“Weave It, Braid It, Make It Into A Collage”: Judith Ortiz Cofer on Creative Nonfiction
by Sarah Fawn Montgomery
The August 1st deadline for the Prairie Schooner Summer Creative Nonfiction Contest is fast approaching. The entry fee is $18 and gets you a one-year subscription to Prairie Schooner. Winner receives $250 and publication in our Spring 2015 issue. The contest is open to all types of creative non-fiction essays, up to 5,000 words. A few additional guidlines: your entry should include a cover letter with the submission's title and your contact information, your name and contact info shouldn't appear anywhere on the manuscript, and, finally, multiple submissions are encouraged, but an entry fee must be paid for each submission. Click here to submit.
The judge of this year's contest is Judith Ortiz Cofer. I was able to ask Cofer a few questions about why creative nonfiction excites her and what sort of essays that catch her attention. Read the interview below, get a feel for what Cofer is looking for, and submit while you still can.
1. What initially drew you to creative nonfiction? What still excites or surprises you about the genre?
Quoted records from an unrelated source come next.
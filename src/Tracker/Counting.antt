-- ===== src/Tracker/Counting.antt =====
-- What the counts of a tracker mean.
use janosh.Common.{
  ℕ, ◌+◌, ◌%◌, ◌^◌, ◌<◌, List, [], ◌∷◌, ◌++◌, Bool, true, false, ◌&&◌, ◌≡◌, refl, ap, ap₂, ◌∙◌,
  Option, none, some, Bytes, codes, bytes_eq, bytes_eq_iff, Bool-cases, Option-cases, inl, inr,
  if◌then◌else◌, arith,
}
use janosh.Tracker.{
  Operation, read, write, delete, trigger, Counts, Tracker, find, increment, insert, count, get,
  set_counts, counts_on, publication, message, update,
}

abbrev value_of : Option ℕ → ℕ
value_of none = 0
value_of (some n) = n

-- The count of a key, zero where it has none.
abbrev pub count_of : Bytes → Counts → ℕ
count_of key m = value_of (find key m)

find-insert :
    (key j : Bytes) (n : ℕ) (m : Counts)
    → find key m ≡ none
    → find j (insert key n m) ≡ (if bytes_eq key j then some n else find j m)
unfolding find insert
find-insert key j n [] h = refl
find-insert key j n ((k, i) ∷ m) h =
    ground (arith, find-insert key j n m, bytes_eq_iff key j, bytes_eq_iff k j, bytes_eq_iff k key)

find-increment :
    (key j : Bytes) (n : ℕ) (m : Counts)
    → find key m ≡ some n
    → find j (increment key m) ≡ (if bytes_eq key j then some ((n + 1) % 2 ^ 64) else find j m)
unfolding find increment
find-increment key j n [] h = cc
find-increment key j n ((k, i) ∷ m) h =
    ground
      (arith, find-increment key j n m, bytes_eq_iff key j, bytes_eq_iff k j, bytes_eq_iff k key)

-- One more count for the key, modulo 2 ^ 64, and the same counts for the others.
pub count_of-count :
    (key j : Bytes) (m : Counts)
    → count_of j (count key m)
      ≡ (if bytes_eq key j then (count_of key m + 1) % 2 ^ 64 else count_of j m)
unfolding count
count_of-count key j m = elim (Option-cases (find key m)) [
  | inl e ↦ ground (arith, e, find-insert key j 1 m)
  | inr (n, e) ↦ ground (arith, e, find-increment key j n m)
]

count_of_self :
    (key j : Bytes) (m : Counts)
    → count_of j (count key m)
      ≡ (if bytes_eq key j then (count_of j m + 1) % 2 ^ 64 else count_of j m)
count_of_self key j m = ground (arith, count_of-count key j m, bytes_eq_iff key j)

-- A call of `update`.
pub record Event : Type 0 where
  pub key : Bytes
  pub value : Bytes
  pub op : Operation

-- The tracker and the messages after a sequence of calls.
unfoldable pub run : Tracker → List Event → Tracker × List Bytes
run t [] = (t, [])
run t (e ∷ es) =
    let (t', sent) = update t e.key e.value e.op in let (u, more) = run t' es in (u, sent ++ more)

abbrev same_op : Operation → Operation → Bool
same_op read read = true
same_op write write = true
same_op delete delete = true
same_op trigger trigger = true
same_op _ _ = false

-- How many of the calls are for the operation and the key.
abbrev pub occurrences : Operation → Bytes → List Event → ℕ
occurrences op key [] = 0
occurrences op key (e ∷ es) =
    (if same_op e.op op && bytes_eq e.key key then 1 else 0) + occurrences op key es

-- Whether calls for the operation are published, and under which letter.
abbrev letter : Operation → Option Bytes
letter write = some (codes "W")
letter delete = some (codes "D")
letter _ = none

abbrev letters : List Event → List Bytes
letters [] = []
letters (e ∷ es) = elim (letter e.op) [
  | some l ↦ message e.key l e.value ∷ letters es
  | none ↦ letters es
]

abbrev pub published : Bool → List Event → List Bytes
published false es = []
published true es = letters es

get-set_counts :
    (op op' : Operation) (m : Counts) (t : Tracker)
    → get op' (set_counts op m t) ≡ (if same_op op op' then m else get op' t)
get-set_counts read op' m t = ground arith
get-set_counts _ op' m t = ground arith

update_settings :
    (t : Tracker) (key value : Bytes) (op : Operation)
    → ((update t key value op).0.print_directive ≡ t.print_directive)
      × ((update t key value op).0.do_publish ≡ t.do_publish)
unfolding update
update_settings t key value read = ground arith
update_settings t key value _ = ground arith

counted :
    (t : Tracker) (key j : Bytes) (op op' : Operation)
    → count_of j (if same_op op op' then count key (get op t) else get op' t) ≡ (
        if same_op op op' && bytes_eq key j
        then (count_of j (get op' t) + 1) % 2 ^ 64
        else count_of j (get op' t))
counted t key j read op' = ground (arith, count_of_self key j (get op' t))
counted t key j _ op' = ground (arith, count_of_self key j (get op' t))

-- One call counts one more for its operation and key.
count_of-update :
    (t : Tracker) (key value : Bytes) (op op' : Operation) (j : Bytes)
    → counts_on t.print_directive ≡ true
    → count_of j (get op' (update t key value op).0) ≡ (
        if same_op op op' && bytes_eq key j
        then (count_of j (get op' t) + 1) % 2 ^ 64
        else count_of j (get op' t))
unfolding update
count_of-update t key value op op' j h = rw h (rw (get-set_counts op op') (counted t key j op op'))

-- From a tracker that counts, and a count below 2 ^ 64, the count of a key after any sequence of
-- calls is the count before and the number of calls for the key and the operation, modulo 2 ^ 64.
pub count_of-run :
    (t : Tracker) (es : List Event) (op : Operation) (key : Bytes)
    → counts_on t.print_directive ≡ true
    → count_of key (get op t) < 2 ^ 64
    → count_of key (get op (run t es).0)
      ≡ (count_of key (get op t) + occurrences op key es) % 2 ^ 64
unfolding run
count_of-run t [] op key on h = omega arith
count_of-run t (e ∷ es) op key on h =
    let t' = (update t e.key e.value e.op).0 in
    let step = count_of-update t e.key e.value e.op op key on in
    let on' : counts_on t'.print_directive ≡ true =
      ap counts_on (update_settings t e.key e.value e.op).0 ∙ on in
    elim (Bool-cases (same_op e.op op && bytes_eq e.key key)) [
      | inl q ↦
          let one = rw q at step in
          rw q (count_of-run t' es op key on' (omega (arith, one)) ∙ omega (arith, one))
      | inr q ↦
          let one = rw q at step in
          rw q (count_of-run t' es op key on' (omega (arith, one)) ∙ omega (arith, one))
    ]

published-cons :
    (t : Tracker) (e : Event) (es : List Event)
    → publication t e.key e.value e.op ++ published t.do_publish es
      ≡ published t.do_publish (e ∷ es)
unfolding publication
published-cons t e es = ground arith

update-publication :
    (t : Tracker) (key value : Bytes) (op : Operation)
    → (update t key value op).1 ≡ publication t key value op
unfolding update
update-publication t key value op = refl

-- Whether or not it counts, a tracker sends for any sequence of calls exactly the messages of the
-- writes and deletes, in their order, if it is told to publish, and none otherwise.
pub messages-run : (t : Tracker) (es : List Event) → (run t es).1 ≡ published t.do_publish es
unfolding run
messages-run t [] = ground arith
messages-run t (e ∷ es) =
    let t' = (update t e.key e.value e.op).0 in
    let rest : (run t' es).1 ≡ published t.do_publish es =
      messages-run t' es ∙ ap (λ on. published on es) (update_settings t e.key e.value e.op).1 in
    ap₂ ◌++◌ (update-publication t e.key e.value e.op) rest ∙ published-cons t e es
I began writing creative nonfiction before the term existed. In my first autobiographical collection of essays and poems, Silent Dancing, I gave myself permission to do what Virginia Woolf recommended to writers of nonfiction: follow the tracks of memory to one's "moments of being." I have been following my tracks ever since I discovered how satisfying it is to delve into this malleable genre. The creative nonfiction essay can take almost any form: you can weave it, braid it, make it into a collage. For me it is a vehicle for exploration, not only of myself, but of any subject that interests me.
2. What kinds of essays catch your eyes, ears, and attention? What kinds of stories or styles speak to you from the page? Why?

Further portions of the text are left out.